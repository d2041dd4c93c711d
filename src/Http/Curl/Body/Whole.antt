-- ===== src/Http/Curl/Body/Whole.antt =====
-- A response with a length, from the socket of curl.cpp to `BodyStream::ReadToEnd`.
use azure_sdk_for_cpp.Base.{
  ℕ, suc, ◌+◌, ◌-◌, ◌*◌, min, ◌≡◌, refl, ◌∙◌, ap, ◌≤◌, ◌<◌, inl, inr, false, List, [], ◌++◌, none,
  some, ◌==◌, length, length-append, length-take, take, Bytes, Result, OnOk, OnOk-map, Returns,
  Returns-map, ok, arith,
}
use azure_sdk_for_cpp.Http.Streams.Ends.{Step, Returns-Whenever, read_to_end-AtEnd}
use azure_sdk_for_cpp.Http.Streams.{IsStream, IsStreamWithin, read_to_end, chunk_size}
use azure_sdk_for_cpp.Http.Streams.Complete.{read_to_end_within}
use azure_sdk_for_cpp.Base.{length-nil, take_none}
use azure_sdk_for_cpp.Http.Curl.Session.{SessionError, CurlSession}
use azure_sdk_for_cpp.Http.Curl.Session.Pending.{pending}
use azure_sdk_for_cpp.Http.Curl.Body.Plain.{
  Plain, plain_read, plain_content, Reads, plain_read-Reads,
}
use azure_sdk_for_cpp.Http.Response.{RawResponse}
use azure_sdk_for_cpp.Dict.{find}
use azure_sdk_for_cpp.Http.Curl.Parser.{is_carriage_return}
use azure_sdk_for_cpp.Http.Curl.Parser.Head.{head_text, head_response, AreHeaderLines}
use azure_sdk_for_cpp.Http.Curl.Session.{read_length, read_head}
use azure_sdk_for_cpp.Http.Curl.Session.Head.{read_head-Framed}
use azure_sdk_for_cpp.Base.{Without, codes}

module _ {W : Type 0} (read_from_socket : W → ℕ → Result SessionError (W × Bytes))
    (content : W → Bytes) where
  -- A read keeps the promise of a stream: of the bytes that the length of the content leaves.
  plain_read-IsStreamWithin :
      (n : ℕ)
      → IsStream read_from_socket content
      → IsStreamWithin (Plain n) (plain_read read_from_socket) (plain_content content n)
  unfolding IsStreamWithin Reads
  plain_read-IsStreamWithin n stream (s, w) count p =
      OnOk-map _ _ (plain_read read_from_socket (s, w) count)
        (λ (t, b) ((q, sum), (le, (moved, last))). (
          q,
          (
            le,
            (
              moved,
              λ z. elim (last z) [
                | inl e ↦ inl e
                | inr e ↦ inr (
                    moved
                    ∙ (ap (λ x. x ++ plain_content content n t) (length-nil b z)
                        ∙ take_none _ (pending t.0 ++ content t.1) (inl (omega arith))))
              ],
            ),
          ),
        ))
        (plain_read-Reads read_from_socket content n s w count stream p)

  -- What has been read and what can still be read make up `c` bytes.
  Sums : ℕ → ℕ → CurlSession × W → Type 0
  Sums n c x = Plain n x × (x.0.session_total_read + length (plain_content content n x) ≡ c)

  plain_read-Step :
      (n c : ℕ)
      → IsStream read_from_socket content
      → (x : CurlSession × W) (count : ℕ) → Sums n c x
      → OnOk
          (Step
            (plain_read read_from_socket)
            (Sums n c)
            (λ y. y.0.session_total_read ≡ suc n)
            count)
          (plain_read read_from_socket x count)
  unfolding Reads Sums
  plain_read-Step n c stream (s, w) count (p, e) =
      OnOk-map _ _ (plain_read read_from_socket (s, w) count)
        (λ (t, b) ((q, sum), (le, (moved, last))).
          let l : length (plain_content content n (s, w))
              ≡ length b + length (plain_content content n t) =
            ap length moved ∙ length-append b (plain_content content n t) in
          ((q, omega arith), (le, last)))
        (plain_read-Reads read_from_socket content n s w count stream p)

  -- The body of a response with a length, of which nothing has been read, is read whole or the reading
  -- throws: whatever the pieces in which the socket yields it, with fuel for its chunks `ReadToEnd` ends
  -- with the bytes that the length says, and the body is not shorter than that.
  pub read_to_end-plain_read :
      (fuel n : ℕ) (s : CurlSession) (w : W) (body : Bytes)
      → IsStream read_from_socket content
      → Plain n (s, w)
      → s.session_total_read ≡ 0
      → pending s ++ content w ≡ body
      → suc n < fuel * chunk_size
      → Returns
          (λ (x, b). (b ≡ take (suc n) body) × (suc n ≤ length body))
          (read_to_end (plain_read read_from_socket) fuel (s, w) [])
  unfolding Sums
  read_to_end-plain_read fuel n s w body stream p total e lt =
      let same_size : suc n - 0 ≡ suc n = omega arith in
      let all : plain_content content n (s, w) ≡ take (suc n) body =
        ap (λ k. take (suc n - k) (pending s ++ content w)) total
        ∙ (ap (take (suc n - 0)) e ∙ ap (λ k. take k body) same_size) in
      let size : length (plain_content content n (s, w)) ≡ min (suc n) (length body) =
        ap length all ∙ length-take (suc n) body in
      Returns-map _ _ (read_to_end (plain_read read_from_socket) fuel (s, w) [])
        (λ (x, b) ((q, (whole, left)), ((r, sum), end)).
          let none_left : length (plain_content content n x) ≡ 0 = ap length left in
          (whole ∙ all, omega arith))
        (Returns-Whenever _ _ (read_to_end (plain_read read_from_socket) fuel (s, w) [])
          (read_to_end_within (plain_read read_from_socket) (plain_content content n) (Plain n)
            (plain_read-IsStreamWithin n stream) fuel (s, w) [] p (omega arith))
          (read_to_end-AtEnd (plain_read read_from_socket)
            (Sums n (s.session_total_read + length (plain_content content n (s, w))))
            (λ y. y.0.session_total_read ≡ suc n)
            (plain_read-Step n (s.session_total_read + length (plain_content content n (s, w)))
              stream)
            fuel (s, w) [] (p, refl)))

module _ {W : Type 0} (read_from_socket : W → ℕ → Result SessionError (W × Bytes))
    (content : W → Bytes) where
  -- A response to another request than HEAD, not of status 204 and not chunked, with a length of its
  -- content that is not zero, sent on the socket in whatever pieces, is read whole or something throws: a
  -- new session reads the head, and `ReadToEnd` of it yields the bytes after the head that the length
  -- says, and there are as many. No line of the head has a stray carriage return, and the fuel is enough
  -- for the bytes of the socket and the rounds for the chunks of the content.
  pub read_to_end-read_head :
      (fuel m n : ℕ) (s : CurlSession) (w : W) (status : Bytes) (hs : List Bytes) (body : Bytes)
      (r : RawResponse) (value : Bytes)
      → IsStream read_from_socket content
      → s.body_start_in_buffer ≡ none
      → s.is_head_request ≡ false
      → s.is_chunked_response_type ≡ false
      → s.session_total_read ≡ 0
      → content w ≡ head_text status hs ++ body
      → Without is_carriage_return status
      → AreHeaderLines hs
      → length (content w) < fuel
      → head_response status hs ≡ ok (some r)
      → (r.status_code == 204) ≡ false
      → find (codes "content-length") r.headers ≡ some value
      → read_length value ≡ ok (suc n)
      → suc n < m * chunk_size
      → Returns
          (λ x.
            (x.0.response ≡ some r)
            × Returns
                (λ (y, b). (b ≡ take (suc n) body) × (suc n ≤ length body))
                (read_to_end (plain_read read_from_socket) m x []))
          (read_head read_from_socket fuel false s w)
  unfolding Plain
  read_to_end-read_head fuel m n s w status hs body r value stream start hd chunked total e ws wh lt
        response st f l size =
      Returns-map _ _ (read_head read_from_socket fuel false s w)
        (λ (t, v) ((a, g), (left, ((i, (j, (k, z))), fits))). (
          a,
          read_to_end-plain_read read_from_socket content m n t v body stream
              (((k ∙ chunked), g), (omega arith, fits)) (z ∙ total) left size,
        ))
        (read_head-Framed read_from_socket content fuel s w status hs body r value (suc n) stream
          start hd e ws wh lt response st f l)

________________________

- EXERCISE PROMPT:
Where the line holding "-- for the bytes" appears in the listing above, start reproducing exactly, and end with the line holding "r.headers ≡ some value".

- RESULT FOR THIS EXERCISE:
  -- for the bytes of the socket and the rounds for the chunks of the content.
  pub read_to_end-read_head :
      (fuel m n : ℕ) (s : CurlSession) (w : W) (status : Bytes) (hs : List Bytes) (body : Bytes)
      (r : RawResponse) (value : Bytes)
      → IsStream read_from_socket content
      → s.body_start_in_buffer ≡ none
      → s.is_head_request ≡ false
      → s.is_chunked_response_type ≡ false
      → s.session_total_read ≡ 0
      → content w ≡ head_text status hs ++ body
      → Without is_carriage_return status
      → AreHeaderLines hs
      → length (content w) < fuel
      → head_response status hs ≡ ok (some r)
      → (r.status_code == 204) ≡ false
      → find (codes "content-length") r.headers ≡ some value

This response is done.